Under-Rated Sports Film That Tells Important Story
15 September 2000 | by (United States) – See all my reviews

"Blue Chips" is a vastly under-rated sports film which deals with the shady dealings of colleges and their players. Nick Nolte plays a college basketball coach who is so desperate to return to his glory days that he breaks the rules by giving his newest recruits (Shaquille O'Neal, Anfernee Hardaway, and Matt Nover) basically anything they and their families want. School alumnus J.T. Walsh is the catalyst to these shady dealings and now the college has a winning team again, but at what price? "Blue Chips" is another one of William Friedkin's films that is much deeper than it first appears on the surface.
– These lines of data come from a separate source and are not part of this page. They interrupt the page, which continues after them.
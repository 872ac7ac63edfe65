-- ===== src/Directory/Serve/Lookup.antt =====
-- What a node that asks a directory for a peer is told.
use concat.Base.{
  ◌≡◌, refl, ap, ◌∙◌, Text, text_eq, ◌==◌, Bool, true, false, Option, none, some, List, [], ◌∷◌,
  Result, ok, err, unknown_peer, end_of_file, if◌then◌else◌,
}
use concat.Base.Dict.{lookup, put, remove, lookup-put, lookup-remove}
use concat.Mc.Message.{PeerInfo, Codec, IsLawful}
use concat.Mc.Message.Laws.{pb_to_peer_info-pb_from_peer_info}
use concat.Directory.Types.{PeerRecord, Peers}
use concat.Directory.Peers.{register_peer, unregister_peer, lookup_peer}
use concat.Directory.Serve.{encoded, lookup_answer, lookup_handler, lookup_response, dir_lookup}

-- The first message that a handler sends, or the end of its stream.
abbrev pub first_message {ℓ} : {A : Type ℓ} → List A → Result A
first_message [] = err end_of_file
first_message (a ∷ rest) = ok a

module _ (c : Codec) (law : IsLawful c) where
  -- A lookup of a peer at a directory that can be reached and has the peers of the moment.
  unfoldable pub ask : Peers → Text → Result PeerInfo
  ask peers pid =
      dir_lookup c (ok tt) (ok tt) (first_message (lookup_handler c 1 ((c.pretty pid, peers) ∷ [])))

  abbrev pub answer_of : Option PeerRecord → Result PeerInfo
  answer_of none = err unknown_peer
  answer_of (some rec) = ok rec.peer

  ask-answer_of : (peers : Peers) (pid : Text) → ask peers pid ≡ answer_of (lookup peers pid)
  unfolding ask dir_lookup lookup_handler lookup_peer
  ask-answer_of peers pid =
      ap (λ o. lookup_response c (first_message (elim o [ none ↦ [] | some res ↦ res ∷ [] ])))
        (answered pid peers)
      ∙ told (lookup peers pid)
    where
      answered :
          (pid : Text) (peers : Peers)
          → lookup_answer c (c.pretty pid, peers) ≡ some (encoded c (lookup_peer pid peers))
      answered pid peers = rw (lookup_answer, law.decode_id-pretty pid) refl

      told :
          (o : Option PeerRecord)
          → lookup_response c (ok (encoded c (elim o [ none ↦ none | some rec ↦ some rec.peer ])))
            ≡ answer_of o
      told none = refl
      told (some rec) = pb_to_peer_info-pb_from_peer_info c law rec.peer

  -- A node that asks a directory for a peer gets what the peer last registered with, whatever other
  -- peers registered or left, and the error for an unknown peer once it has left: after a
  -- registration the answer for that peer is its description and for another peer the answer from
  -- before, and after a peer has left the answer for it is the error, and for another peer the answer
  -- from before. Identities and addresses are read back from their texts.
  pub ask-register_peer :
      (peers : Peers) (rec : PeerRecord) (gone pid : Text)
      → (ask (register_peer rec peers) pid
          ≡ (if pid == rec.peer.id then ok rec.peer else ask peers pid))
        × (ask (unregister_peer gone peers) pid
            ≡ (if pid == gone then err unknown_peer else ask peers pid))
  unfolding register_peer unregister_peer
  ask-register_peer peers rec gone pid =
      rw
        (
          ask-answer_of (put peers rec.peer.id rec) pid,
          ask-answer_of (remove peers gone) pid,
          ask-answer_of peers pid,
          lookup-put peers rec.peer.id rec pid,
          lookup-remove peers gone pid,
        )
        (branch (pid == rec.peer.id) (some rec), branch (pid == gone) none)
    where
      branch :
          (b : Bool) (o : Option PeerRecord)
          → answer_of (if b then o else lookup peers pid)
            ≡ (if b then answer_of o else answer_of (lookup peers pid))
      branch true o = refl
      branch false o = refl
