-- ===== src/Directory/Serve/Resolve.antt =====
-- What a lookup of a peer resolves to.
use concat.Base.{
  ℕ, ◌+◌, ◌≡◌, refl, ap, ◌∙◌, arith, ◌&&◌, not, Bool, true, false, Option, none, some, List, [],
  ◌∷◌, Result, ok, err, unknown_peer, lookup_error, if◌then◌else◌, ltb, eqb, length,
}
use concat.Mc.Message.{PeerInfo}
use concat.Directory.Serve.{Arrival, found, failed, expired, lookup_loop}

-- The first peer that arrives before the context ends.
unfoldable pub first_found : List Arrival → Option PeerInfo
first_found [] = none
first_found (found pinfo ∷ rest) = some pinfo
first_found (failed e ∷ rest) = first_found rest
first_found (expired ∷ rest) = none

-- Every worker fails, and not because it does not know the peer.
unfoldable pub all_failed : List Arrival → Bool
all_failed [] = true
all_failed (found pinfo ∷ rest) = false
all_failed (failed unknown_peer ∷ rest) = false
all_failed (failed e ∷ rest) = all_failed rest
all_failed (expired ∷ rest) = false

abbrev pub resolved : Option PeerInfo → Bool → Result PeerInfo
resolved (some pinfo) b = ok pinfo
resolved none true = err lookup_error
resolved none false = err unknown_peer

-- `known` workers did not know the peer, and `errcount` failed otherwise.
lookup_loop-known :
    (arrivals : List Arrival) (workers errcount known : ℕ)
    → workers ≡ errcount + known + length arrivals
    → lookup_loop workers arrivals errcount
      ≡ resolved (first_found arrivals) (eqb known 0 && all_failed arrivals)
unfolding lookup_loop first_found all_failed
lookup_loop-known [] workers errcount known e =
    last (eqb known 0) (ltb errcount workers) (ground (arith, e))
  where
    last :
        (b c : Bool)
        → c ≡ not b
        → (if c then err unknown_peer else err lookup_error) ≡ resolved none (b && true)
    last true c is = rw is refl
    last false c is = rw is refl
lookup_loop-known (found pinfo ∷ rest) workers errcount known e = refl
lookup_loop-known (failed unknown_peer ∷ rest) workers errcount known e =
    lookup_loop-known rest workers errcount (known + 1) (omega (arith, e))
    ∙ ap (resolved (first_found rest))
        (none_left (eqb (known + 1) 0) (eqb known 0) (all_failed rest) (ground arith))
  where
    none_left : (a b c : Bool) → a ≡ false → (a && c) ≡ (b && false)
    none_left a b c is = ground (arith, is)
lookup_loop-known (failed x ∷ rest) workers errcount known e =
    lookup_loop-known rest workers (errcount + 1) known (omega (arith, e))
lookup_loop-known (expired ∷ rest) workers errcount known e =
    late (eqb known 0) (ltb errcount workers) (ground (arith, e))
  where
    late :
        (b c : Bool)
        → c ≡ true
        → (if c then err unknown_peer else err lookup_error) ≡ resolved none (b && false)
    late true c is = rw is refl
    late false c is = rw is refl

-- A lookup with one result for each worker, that is for each directory and for the DHT, gives the first
-- peer that arrives before the context ends; with none it gives the error of a failed lookup where
-- every worker failed otherwise than by not knowing the peer, and else the one for an unknown peer.
pub lookup_loop-resolved :
    (arrivals : List Arrival)
    → lookup_loop (length arrivals) arrivals 0
      ≡ resolved (first_found arrivals) (all_failed arrivals)
lookup_loop-resolved arrivals = lookup_loop-known arrivals (length arrivals) 0 0 (omega arith)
With the exception of "The French Connection" and "The Exorcist", this is his finest film as a director. His documentary-style makes you feel as if you are in on all the action. Numerous parts are played by real basketball players and coaches, adding a great bit of realism to the story. "The French Connection" benefited from this style by having real cops in key roles and "The Exorcist" did the same having priests play themselves. Shaquille O'Neal, Anfernee Hardaway, and Matt Nover do surprisingly well with the material. They are all three-dimensional characters and shine throughout the film. However with that said, it is Nick Nolte who is the primary factor that makes the film well worth while. Far from perfect, but still a very good movie. 4 out of 5 stars.